→ **Requirement**
Each line of the material that mentions the word "abbrev" is to be copied.

→ **Dataset records**
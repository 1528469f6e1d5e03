-- ===== src/Crypto.antt =====
-- hlibc/crypto: one module for each cipher or hash.
pub mod Des
pub mod Stream
pub mod Md4
pub mod Md5
pub mod Murmur
pub mod Siphash
pub mod Md2
pub mod Sha1
pub mod Digests
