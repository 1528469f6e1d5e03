-- ===== src/Crypto/Des/Permutations.antt =====
-- The bit permutations of hlibc/crypto/des.c, as the lists of their `MOVE_BIT` calls: an entry
-- `(start, end)` is `MOVE_BIT(input, start, end)`.
use hlibc.Base.{ℕ, List, [], ◌∷◌}

-- The calls of `IP`.
abbrev pub ip_moves : List (ℕ × ℕ)
ip_moves =
    (6, 63)
    ∷ (14, 62)
    ∷ (22, 61)
    ∷ (30, 60)
    ∷ (38, 59)
    ∷ (46, 58)
    ∷ (54, 57)
    ∷ (62, 56)
    ∷ (4, 55)
    ∷ (12, 54)
    ∷ (20, 53)
    ∷ (28, 52)
    ∷ (36, 51)
    ∷ (44, 50)
    ∷ (52, 49)
    ∷ (60, 48)
    ∷ (2, 47)
    ∷ (10, 46)
    ∷ (18, 45)
    ∷ (26, 44)
    ∷ (34, 43)
    ∷ (42, 42)
    ∷ (50, 41)
    ∷ (58, 40)
    ∷ (0, 39)
    ∷ (8, 38)
    ∷ (16, 37)
    ∷ (24, 36)
    ∷ (32, 35)
    ∷ (40, 34)
    ∷ (48, 33)
    ∷ (56, 32)
    ∷ (7, 31)
    ∷ (15, 30)
    ∷ (23, 29)
    ∷ (31, 28)
    ∷ (39, 27)
    ∷ (47, 26)
    ∷ (55, 25)
    ∷ (63, 24)
    ∷ (5, 23)
    ∷ (13, 22)
    ∷ (21, 21)
    ∷ (29, 20)
    ∷ (37, 19)
    ∷ (45, 18)
    ∷ (53, 17)
    ∷ (61, 16)
    ∷ (3, 15)
    ∷ (11, 14)
    ∷ (19, 13)
    ∷ (27, 12)
    ∷ (35, 11)
    ∷ (43, 10)
    ∷ (51, 9)
    ∷ (59, 8)
    ∷ (1, 7)
    ∷ (9, 6)
    ∷ (17, 5)
    ∷ (25, 4)
    ∷ (33, 3)
    ∷ (41, 2)
    ∷ (49, 1)
    ∷ (57, 0)
    ∷ []

-- The calls of `IP_inv`.
abbrev pub ip_inv_moves : List (ℕ × ℕ)
ip_inv_moves =
    (24, 63)
    ∷ (56, 62)
    ∷ (16, 61)
    ∷ (48, 60)
    ∷ (8, 59)
    ∷ (40, 58)
    ∷ (0, 57)
    ∷ (32, 56)
    ∷ (25, 55)
    ∷ (57, 54)
    ∷ (17, 53)
    ∷ (49, 52)
    ∷ (9, 51)
    ∷ (41, 50)
    ∷ (1, 49)
    ∷ (33, 48)
    ∷ (26, 47)
    ∷ (58, 46)
    ∷ (18, 45)
    ∷ (50, 44)
    ∷ (10, 43)
    ∷ (42, 42)
    ∷ (2, 41)
    ∷ (34, 40)
    ∷ (27, 39)
    ∷ (59, 38)
    ∷ (19, 37)
    ∷ (51, 36)
    ∷ (11, 35)
    ∷ (43, 34)
    ∷ (3, 33)
    ∷ (35, 32)
    ∷ (28, 31)
    ∷ (60, 30)
    ∷ (20, 29)
    ∷ (52, 28)
    ∷ (12, 27)
    ∷ (44, 26)
    ∷ (4, 25)
    ∷ (36, 24)
    ∷ (29, 23)
    ∷ (61, 22)
    ∷ (21, 21)
    ∷ (53, 20)
    ∷ (13, 19)
    ∷ (45, 18)
    ∷ (5, 17)
    ∷ (37, 16)
    ∷ (30, 15)
    ∷ (62, 14)
    ∷ (22, 13)
    ∷ (54, 12)
    ∷ (14, 11)
    ∷ (46, 10)
    ∷ (6, 9)
    ∷ (38, 8)
    ∷ (31, 7)
    ∷ (63, 6)
    ∷ (23, 5)
    ∷ (55, 4)
    ∷ (15, 3)
    ∷ (47, 2)
    ∷ (7, 1)
    ∷ (39, 0)
    ∷ []

-- The calls of `P`.
abbrev pub p_moves : List (ℕ × ℕ)
p_moves =
    (16, 31)
    ∷ (25, 30)
    ∷ (12, 29)
    ∷ (11, 28)
    ∷ (3, 27)
    ∷ (20, 26)
    ∷ (4, 25)
    ∷ (15, 24)
    ∷ (31, 23)
    ∷ (17, 22)
    ∷ (9, 21)
    ∷ (6, 20)
    ∷ (27, 19)
    ∷ (14, 18)
    ∷ (1, 17)
    ∷ (22, 16)
    ∷ (30, 15)
    ∷ (24, 14)
    ∷ (8, 13)
    ∷ (18, 12)
    ∷ (0, 11)
    ∷ (5, 10)
    ∷ (29, 9)
    ∷ (23, 8)
    ∷ (13, 7)
    ∷ (19, 6)
    ∷ (2, 5)
    ∷ (26, 4)
    ∷ (10, 3)
    ∷ (21, 2)
    ∷ (28, 1)
    ∷ (7, 0)
    ∷ []

-- The calls of `E`.
abbrev pub e_moves : List (ℕ × ℕ)
e_moves =
    (0, 47)
    ∷ (31, 46)
    ∷ (30, 45)
    ∷ (29, 44)
    ∷ (28, 43)
    ∷ (27, 42)
    ∷ (28, 41)
    ∷ (27, 40)
    ∷ (26, 39)
    ∷ (25, 38)
    ∷ (24, 37)
    ∷ (23, 36)
    ∷ (24, 35)
    ∷ (23, 34)
    ∷ (22, 33)
    ∷ (21, 32)
    ∷ (20, 31)
    ∷ (19, 30)
    ∷ (20, 29)
    ∷ (19, 28)
    ∷ (18, 27)
    ∷ (17, 26)
    ∷ (16, 25)
    ∷ (15, 24)
    ∷ (16, 23)
    ∷ (15, 22)
    ∷ (14, 21)
    ∷ (13, 20)
    ∷ (12, 19)
    ∷ (11, 18)
    ∷ (12, 17)
    ∷ (11, 16)
    ∷ (10, 15)
    ∷ (9, 14)
    ∷ (8, 13)
    ∷ (7, 12)
    ∷ (8, 11)
    ∷ (7, 10)
    ∷ (6, 9)
    ∷ (5, 8)
    ∷ (4, 7)
    ∷ (3, 6)
    ∷ (4, 5)
    ∷ (3, 4)
    ∷ (2, 3)
    ∷ (1, 2)
    ∷ (0, 1)
    ∷ (31, 0)
    ∷ []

→ **Exercise solution**
abbrev pub ip_moves : List (ℕ × ℕ)
abbrev pub ip_inv_moves : List (ℕ × ℕ)
abbrev pub p_moves : List (ℕ × ℕ)
abbrev pub e_moves : List (ℕ × ℕ)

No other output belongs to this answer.